Hi - I just go some dry ferts (thanks Aquarium Plant Food ) - what type of water should I mix the salts with - is it ok to use boiled tap water? My water is very hard


Sent from my iPhone using Tapatalk


----------



## tekopikin (12 Aug 2016)

I just use boiled water for my mix as suggested on the YouTube demo on my supplier's (APFUK). I believe it's more to stop it going green from algae afterwards.
Hint: If your tap water is high in nitrates you may want to consider reducing that macro when you make up the solution


----------



## Halley (12 Aug 2016)

Thanks - what about the chlorine if you use boiled tap water?


Sent from my iPhone using Tapatalk


----------



## ian_m (12 Aug 2016)

tekopikin said:


> Hint: If your tap water is high in nitrates you may want to consider reducing that macro when you make up the solution


 If I had a £ for every person that runs into plant trouble after "inventing" their own version of IE as they think there is sufficient nutrients in the water, I would be very rich. The water companies water report is for their sampling point on a particular day and is not your tap water today.

The EI ingredients are sufficiently cheap to just always dose as in APFUK. So ignore any tap water parameters. Excess nitrates won't harm anything and is good for the plants. I ran with 350ppm nitrate & 80ppm phosphate, due to pump failure, and all fish and plants were fine.


tekopikin said:


> I believe it's more to stop it going green from algae afterwards.


Blimey if your water has algae in it, you are in trouble.
It is recommended to use boiled water as some people reports precipitation in their EI macro mix if they are using very very very hard tap water.


----------



## tekopikin (12 Aug 2016)

ian_m said:


> If I had a £ for every person that runs into plant trouble after "inventing" their own version of IE as they think there is sufficient nutrients in the water, I would be very rich.

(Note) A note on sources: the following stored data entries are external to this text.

-- ===== src/Analysis/History.antt =====
-- Feedback, selections and queries of internal/analysis/run.go. The errors wrapped with a reason are
-- the errors themselves here; Go's `==` on instants is equality.
use opensource_project_intel.Base.{
  ◌^◌, Bool, true, ◌&&◌, ◌||◌, not, List, [], ◌∷◌, ◌++◌, if◌then◌else◌, ltb, ◌==◌, ◌≡◌, ◌↔◌, arith,
  nat_eq,
}
use opensource_project_intel.Base.Int.{
  ℤ, pos, ltb_ℤ, nonpositive, int_eq, int_beq, int_beq_iff, inc64,
}
use opensource_project_intel.Base.Lists.{contains, length}
use opensource_project_intel.Base.Result.{Result, ok, err, ◌>>◌, fail_if}
use opensource_project_intel.Base.Text.{
  Text, text_eq, text_beq, text_beq_iff, is_blank, codes, byte_length,
}
use opensource_project_intel.Analysis.Run.{
  succeeded, State_eq, Error, invalid_run, selection_rejected, Run,
}

pub record Feedback : Type 0 where
  pub id : ℤ
  pub run_id : ℤ
  pub actor_id : ℤ
  pub rating : Text
  pub note : Text
  pub request_id : Text
  pub created_at : ℤ

abbrev pub feedback_beq : Feedback → Feedback → Bool
feedback_beq a b =
    int_beq a.id b.id
    && int_beq a.run_id b.run_id
    && int_beq a.actor_id b.actor_id
    && text_beq a.rating b.rating
    && text_beq a.note b.note
    && text_beq a.request_id b.request_id
    && int_beq a.created_at b.created_at

pub feedback_beq_iff : (a b : Feedback) → (feedback_beq a b ≡ true) ↔ (a ≡ b)
feedback_beq_iff a b = ground (
  arith,
  int_beq_iff a.id b.id,
  int_beq_iff a.run_id b.run_id,
  int_beq_iff a.actor_id b.actor_id,
  text_beq_iff a.rating b.rating,
  text_beq_iff a.note b.note,
  text_beq_iff a.request_id b.request_id,
  int_beq_iff a.created_at b.created_at,
)

abbrev pub ratings : List Text
ratings =
    codes "faithful"
    ∷ codes "partial"
    ∷ codes "not_faithful"
    ∷ codes "correct"
    ∷ codes "incorrect"
    ∷ []

unfoldable pub validate_feedback : Feedback → Run → Result Error (Unit {0})
validate_feedback value run =
    fail_if
      (nonpositive value.id
        || not (value.run_id == run.id)
        || nonpositive value.actor_id
        || not (run.state == succeeded)
        || not (contains ratings value.rating)
        || is_blank value.note
        || is_blank value.request_id
        || value.created_at == pos 0)
      invalid_run

-- `prior.RequestID != value.RequestID || prior.ActorID != value.ActorID || prior.RunID != value.RunID`.
unfoldable pub unrelated : Feedback → Feedback → Bool
unrelated prior value =
    not (prior.request_id == value.request_id)
    || not (prior.actor_id == value.actor_id)
    || not (prior.run_id == value.run_id)

-- The loop of `AppendFeedback` over the priors that are left.
unfoldable pub append_unless_replayed :
    List Feedback → Feedback → List Feedback → Result Error (List Feedback)
unfolding unrelated
append_unless_replayed history value [] = ok (history ++ value ∷ [])
append_unless_replayed history value (prior ∷ priors) =
    let rest = append_unless_replayed history value priors in
    if unrelated prior value
    then rest
    else if feedback_beq prior value
    then ok history
    else err invalid_run

unfoldable pub append_feedback : List Feedback → Run → Feedback → Result Error (List Feedback)
unfolding validate_feedback append_unless_replayed
append_feedback history run value =
    validate_feedback value run >> append_unless_replayed history value history

pub record Selection : Type 0 where
  pub id : ℤ
  pub series_id : ℤ
  pub run_id : ℤ
  pub actor_id : ℤ
  pub version : ℤ
  pub request_id : Text
  pub selected_at : ℤ

abbrev pub selection_beq : Selection → Selection → Bool
selection_beq a b =
    int_beq a.id b.id
    && int_beq a.series_id b.series_id
    && int_beq a.run_id b.run_id
    && int_beq a.actor_id b.actor_id
    && int_beq a.version b.version
    && text_beq a.request_id b.request_id
    && int_beq a.selected_at b.selected_at

pub selection_beq_iff : (a b : Selection) → (selection_beq a b ≡ true) ↔ (a ≡ b)
selection_beq_iff a b = ground (
  arith,
  int_beq_iff a.id b.id,
  int_beq_iff a.series_id b.series_id,
  int_beq_iff a.run_id b.run_id,
  int_beq_iff a.actor_id b.actor_id,
  int_beq_iff a.version b.version,
  text_beq_iff a.request_id b.request_id,
  int_beq_iff a.selected_at b.selected_at,
)

-- The version that the next selection must carry: 1, or `history[len(history)-1].Version+1`.
unfoldable pub next_version : List Selection → ℤ
next_version [] = pos 1
next_version (s ∷ []) = inc64 s.version
next_version (s ∷ t ∷ history) = next_version (t ∷ history)

-- The loop of `Select` over the priors that are left.
unfoldable pub select_unless_replayed :
    List Selection → Selection → List Selection → Result Error (List Selection)
select_unless_replayed history value [] = ok (history ++ value ∷ [])
select_unless_replayed history value (prior ∷ priors) =
    let rest = select_unless_replayed history value priors in
    if prior.request_id == value.request_id
    then (if selection_beq prior value then ok history else err selection_rejected)
    else rest

unfoldable pub select : List Selection → Run → Selection → Result Error (List Selection)
unfolding next_version select_unless_replayed
select history run value =
    if not (run.state == succeeded)
      || nonpositive value.id
      || not (value.run_id == run.id)
      || not (value.series_id == run.series_id)
      || nonpositive value.actor_id
      || value.selected_at == pos 0
      || is_blank value.request_id
    then err selection_rejected
    else if not (value.version == next_version history)
    then err selection_rejected
    else select_unless_replayed history value history

pub record Query : Type 0 where
  pub project_id : ℤ
  pub question : Text
  pub cutoff : ℤ
  pub source_ids : List ℤ
  pub max_results : ℤ
  pub max_output_bytes : ℤ

-- The loop of `Query.Validate`, with the sources seen so far.
unfoldable pub check_sources : List ℤ → List ℤ → Result Error (Unit {0})
check_sources seen [] = ok tt
check_sources seen (source_id ∷ source_ids) =
    fail_if (nonpositive source_id) invalid_run
    >> (fail_if (contains seen source_id) invalid_run
        >> check_sources (source_id ∷ seen) source_ids)

unfoldable pub validate_query : Query → Result Error (Unit {0})
unfolding check_sources
validate_query query =
    fail_if
      (nonpositive query.project_id
        || is_blank query.question
        || query.cutoff == pos 0
        || ltb_ℤ query.max_results (pos 1)
        || ltb_ℤ (pos 100) query.max_results
        || ltb_ℤ query.max_output_bytes (pos 1)
        || ltb_ℤ (pos (2 ^ 20)) query.max_output_bytes)
      invalid_run
    >> (fail_if
          (ltb 4096 (byte_length query.question)
            || contains query.question 0
            || ltb 32 (length query.source_ids))
          invalid_run
        >> check_sources [] query.source_ids)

The water companies water report is for their sampling point on a particular day and is not your tap water today.
> 
> The EI ingredients are sufficiently cheap to just always dose as in APFUK. So ignore any tap water parameters. Excess nitrates won't harm anything and is good for the plants. I ran with 350ppm nitrate & 80ppm phosphate, due to pump failure, and all fish and plants were fine.
> Blimey if your water has algae in it, you are in trouble.
> It is recommended to use boiled water as some people reports precipitation in their EI macro mix if they are using very very very hard tap water.

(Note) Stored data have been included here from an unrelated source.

restore_nodes-pins :
    (seen seen' : Map String Bool) (b b' : Builder) (ns : List Node)
    → Distinct (map (λ n. n.meta.name) ns)
    → restore_nodes (seen, b) ns ≡ ok (seen', b')
    → All (IsPinned b') ns
unfolding restore_nodes
restore_nodes-pins seen seen' b b' [] ne h = tt
restore_nodes-pins seen seen' b b' (n ∷ ns) ne h =
    let (b1, e, h1) = bind-ok (restore_loopback b n) _ (seen', b') h in
    let ((seen2, b2), f, h2) = bind-ok (restore_role (seen, b1) n) _ (seen', b') h1 in
    let (pinned, spared) = restore_node-pins seen seen2 b b1 b2 n e f in
    let kept =
      restore_nodes-Spares n.meta.name seen2 seen' b2 b' ns
        (All-imp (λ y q r. q (sym r)) (map (λ m. m.meta.name) ns) ne.0) h2 in
    (
      (λ v. kept.loopback ∙ pinned.0 v, λ v. kept.asn n.spec.role ∙ pinned.1 v),
      restore_nodes-pins seen2 seen' b2 b' ns ne.1 h2,
    )

-- what a deployed link has pinned
pub record IsPinnedLink (b : Builder) (l : Link) : Type 0 where
  pub known : Map.get b.base_links l.meta.name ≡ some l
  pub named_a : l.spec.endpoint_a.interface ≢ ""
  pub named_b : l.spec.endpoint_b.interface ≢ ""
  pub subnet :
      l.spec.kind ≡ link_fabric
      → get2 b.pinned_sub pool_fabric_p2p l.meta.name ≡ some (masked l.spec.endpoint_a.address)

record SparesLink (x : String) (b b' : Builder) : Type 0 where
  link : Map.get b'.base_links x ≡ Map.get b.base_links x
  subnet : get2 b'.pinned_sub pool_fabric_p2p x ≡ get2 b.pinned_sub pool_fabric_p2p x

SparesLink-trans :
    {x : String} {b c d : Builder} → SparesLink x b c → SparesLink x c d → SparesLink x b d
SparesLink-trans h k = record { link = k.link ∙ h.link; subnet = k.subnet ∙ h.subnet }

SparesLink-refl : {x : String} {b : Builder} → SparesLink x b b
SparesLink-refl = record { link = refl; subnet = refl }

SparesAll : Builder → Builder → Type 0
SparesAll b b' = (x : String) → Spares x b b'

-- An interface without a number is refused.
pub restore_interface-ok :
    (b : Builder) (name : String) (ep : LinkEndpoint) (b' : Builder)
    → restore_interface b name ep ≡ ok b'
    → (record b { if_index = b'.if_index } ≡ b') × (ep.interface ≢ "")
unfolding restore_interface
restore_interface-ok b name ep b' h = elim (Option-cases (sscanf "eth" ep.interface)) [
  | inl e ↦ absurd (cc (rw (restore_interface, e) at h))
  | inr (idx, e) ↦
      let k = ok-inj (rw (restore_interface, e) at h) in
      let moved =
        elim (Bool-cases (ltb_ℤ (pos (get_or 0 b.if_index ep.node_name)) idx))
          as (λ _. record b { if_index = b'.if_index } ≡ b') [
            | inl f ↦
                let m = rw f at k in
                ap (λ (c : Builder). record b { if_index = c.if_index }) (sym m) ∙ m
            | inr f ↦
                let m = rw f at k in
                ap (λ (c : Builder). record b { if_index = c.if_index }) (sym m) ∙ m
          ] in
      (moved, λ s. cc (subst (λ t. sscanf "eth" t ≡ some idx) s e, sscanf-eth_empty))
]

So funny...I never said my water has algae in it mate. I only suggested boiling to make the water 'sterile' once it's sufficiently cooled and in the bottle and the lid on then it's fine...OK so I may have wrong about the reason for boiling water right? However its information which I got from the APFUK site, they never really mentioned why it was necessary to boil. If you're going to make a comment/give advice/feedback then try to be a bit mature about it - this is a forum where people come for advice/assistance isn't it? 
FYI I have tested my tap water parameters down where I live and it is indeed high on nitrates so...


Halley said:


> Thanks - what about the chlorine if you use boiled tap water?
> 
> 
> Sent from my iPhone using Tapatalk


I don't think you have to worry about chlorine after boiling and standing it to cool down for a few hours


----------



## Halley (12 Aug 2016)

Ok - thanks everyone for the help/advice - I think we'll leave this thread here...

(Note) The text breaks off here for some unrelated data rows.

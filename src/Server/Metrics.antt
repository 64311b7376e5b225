-- ===== src/Server/Metrics.antt =====
-- What a step of the server writes to the metrics, and the steps that leave the engine and the
-- store alone: looking up a connection, forwarding a call, and noting an event.
use time_series_cardinality.Base.{
  ℕ, ◌+◌, ◌≡◌, refl, ap, ◌∙◌, inl, inr, List, [], ◌∷◌, ◌++◌, Bytes, arith, Option-cases, bytes_eq,
}
use time_series_cardinality.Map.{lookup}
use time_series_cardinality.Errors.{Result, ok, err, Result-cases}
use time_series_cardinality.Sketch.{SketchOps, Algorithm}
use time_series_cardinality.Server.{
  Server, Network, Event, request, forwarded, forwarded_error, raft_proposal, batch_size, note,
  get_peer_client, forward, forward_request, finish, Handled, success_status, error_status,
}

-- How many requests the metrics have counted.
pub requests : List Event → ℕ
requests [] = 0
requests (request m r ∷ es) = 1 + requests es
requests (forwarded a b ∷ es) = requests es
requests (forwarded_error a b ∷ es) = requests es
requests (raft_proposal r ∷ es) = requests es
requests (batch_size n ∷ es) = requests es

pub requests-append : (a b : List Event) → requests (a ++ b) ≡ requests a + requests b
unfolding requests
requests-append [] b = omega arith
requests-append (request m r ∷ es) b = omega (arith, requests-append es b)
requests-append (forwarded x y ∷ es) b = requests-append es b
requests-append (forwarded_error x y ∷ es) b = requests-append es b
requests-append (raft_proposal r ∷ es) b = requests-append es b
requests-append (batch_size n ∷ es) b = requests-append es b

-- An event that is not a request.
abbrev pub IsQuiet : Event → Type 0
IsQuiet (request m r) = ⊥
IsQuiet (forwarded a b) = Unit
IsQuiet (forwarded_error a b) = Unit
IsQuiet (raft_proposal r) = Unit
IsQuiet (batch_size n) = Unit

requests_quiet : (e : Event) → IsQuiet e → requests (e ∷ []) ≡ 0
unfolding requests
requests_quiet (request m r) q = absurd q
requests_quiet (forwarded a b) q = refl
requests_quiet (forwarded_error a b) q = refl
requests_quiet (raft_proposal r) q = refl
requests_quiet (batch_size n) q = refl

-- The status label that a result is to have.
abbrev pub status_of {ℓ} : {A : Type ℓ} → Result A → Bytes
status_of (ok a) = success_status
status_of (err e) = error_status

module _ {o : SketchOps} {alg : Algorithm o} {Db : Type 0} {W : Type 0} {net : Network W} where
  -- From s to t no request was counted.
  pub record Uncounted (s t : Server o alg Db net) : Type 0 where
    pub same : requests t.events ≡ requests s.events

  -- And the engine and the store are those of s.
  pub record Passed (s t : Server o alg Db net) : Type 0 where
    pub engine : t.engine ≡ s.engine
    pub store : t.store ≡ s.store
    pub uncounted : Uncounted s t

  pub Uncounted-refl : (s : Server o alg Db net) → Uncounted s s
  Uncounted-refl s = record { same = refl }

  pub Uncounted-trans :
      {s t u : Server o alg Db net} → Uncounted s t → Uncounted t u → Uncounted s u
  Uncounted-trans h k = record { same = k.same ∙ h.same }

  pub Passed-refl : (s : Server o alg Db net) → Passed s s
  Passed-refl s = record { engine = refl; store = refl; uncounted = Uncounted-refl s }

  pub Passed-trans : {s t u : Server o alg Db net} → Passed s t → Passed t u → Passed s u
  Passed-trans h k = record {
    engine = k.engine ∙ h.engine;
    store = k.store ∙ h.store;
    uncounted = Uncounted-trans h.uncounted k.uncounted;
  }

  pub requests-note :
      (e : Event) (s : Server o alg Db net)
      → requests (note o alg Db net e s).events ≡ requests s.events + requests (e ∷ [])
  unfolding note
  requests-note e s = requests-append s.events (e ∷ [])

  pub note-Passed :
      (e : Event) (s : Server o alg Db net) → IsQuiet e → Passed s (note o alg Db net e s)
  note-Passed e s q = record {
    engine = unfold note in refl;
    store = unfold note in refl;
    uncounted = record { same = omega (arith, requests-note e s, requests_quiet e q) };
  }

  pub get_peer_client-Passed :
      (addr : Bytes) (s : Server o alg Db net) → Passed s (get_peer_client o alg Db net addr s).1
  unfolding get_peer_client
  get_peer_client-Passed addr s = elim (Option-cases (lookup addr s.conns)) [
    | inr (c, known) ↦ rw (known, get_peer_client) (Passed-refl s)
    | inl unknown ↦ elim (Result-cases (net.dial addr (net.insecure ∷ s.dial_opts) s.world).0) [
      | inl (c, dialled) ↦
          rw (unknown, dialled, get_peer_client)
            (record { engine = refl; store = refl; uncounted = record { same = refl } })
      | inr (x, failed) ↦
          rw (unknown, failed, get_peer_client)
            (record { engine = refl; store = refl; uncounted = record { same = refl } })
    ]
  ]

  -- The last event of t is the request, with its outcome, and it is the only request since s.
  pub record Counted (method status : Bytes) (s t : Server o alg Db net) : Type 0 where
    pub earlier : List Event
    pub last : t.events ≡ earlier ++ request method status ∷ []
    pub once : requests t.events ≡ requests s.events + 1

  -- The request that `finish` notes is the only one, with the status that the handler has set.
  pub finish-Counted :
      {A : Type 0} (method : Bytes) (p : Handled A × Server o alg Db net) (s : Server o alg Db net)
      → Uncounted s p.1
      → p.0.1 ≡ status_of p.0.0
      → Counted method
          (status_of (finish o alg Db net method p).0)
          s
          (finish o alg Db net method p).1
  unfolding finish note requests
  finish-Counted method ((r, status), t) s h set = record {
    earlier = t.events;
    last = ap (λ l. t.events ++ request method l ∷ []) set;
    once = omega (arith, requests-append t.events (request method status ∷ []), h.same);
  }

  -- BatchAdd and Query forward as addID does, and set statusStr as the result wants it.
  pub forward_request-forward :
      {A : Type 0} (owner method : Bytes) (call : net.ClientConn → W → Result A × W)
      (s : Server o alg Db net)
      → let p = forward_request o alg Db net owner method call s in
        let q = forward o alg Db net owner method call s in
        (p.0.0 ≡ q.0) × (p.1 ≡ q.1) × (p.0.1 ≡ status_of p.0.0)
  unfolding forward_request forward
  forward_request-forward owner method call s =
      let r = get_peer_client o alg Db net owner (note o alg Db net (forwarded owner method) s) in
      elim (Result-cases r.0) [
        | inr (x, failed) ↦ rw (failed, forward_request, forward) (refl, refl, refl)
        | inl (c, got) ↦ elim (Result-cases (call c r.1.world).0) [
          | inl (a, fine) ↦ rw (got, fine, forward_request, forward) (refl, refl, refl)
          | inr (x, bad) ↦ rw (got, bad, forward_request, forward) (refl, refl, refl)
        ]
      ]

  module _ (owner method : Bytes) where
    pub forward-Passed :
        {A : Type 0} (call : net.ClientConn → W → Result A × W) (s : Server o alg Db net)
        → Passed s (forward o alg Db net owner method call s).1
    unfolding forward
    forward-Passed call s =
        let s₁ = note o alg Db net (forwarded owner method) s in
        let before =
          Passed-trans (note-Passed (forwarded owner method) s tt)
            (get_peer_client-Passed owner s₁) in
        let t = (get_peer_client o alg Db net owner s₁).1 in
        elim (Result-cases (get_peer_client o alg Db net owner s₁).0) [
          | inr (x, failed) ↦
              rw (failed, forward)
                (Passed-trans before (note-Passed (forwarded_error owner method) t tt))
          | inl (c, got) ↦
              let w = (call c t.world).1 in
              let u : Server o alg Db net = record t { world = w } in
              let called =
                Passed-trans before
                  (record { engine = refl; store = refl; uncounted = record { same = refl } }) in
              elim (Result-cases (call c t.world).0) [
                | inl (a, fine) ↦ rw (got, fine, forward) called
                | inr (x, bad) ↦
                    rw (got, bad, forward)
                      (Passed-trans called (note-Passed (forwarded_error owner method) u tt))
              ]
        ]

Sent from my iPhone using Tapatalk


----------



## tim (12 Aug 2016)

Halley said:


> Ok - thanks everyone for the help/advice - I think we'll leave this thread here...
> 
> 
> Sent from my iPhone using Tapatalk


Fwiw I've always used boiled tap water it helps dissolve the salts quicker, never had any precipitation or clouding issues for the few years I've been using ei, Thames water so fairly hard.


----------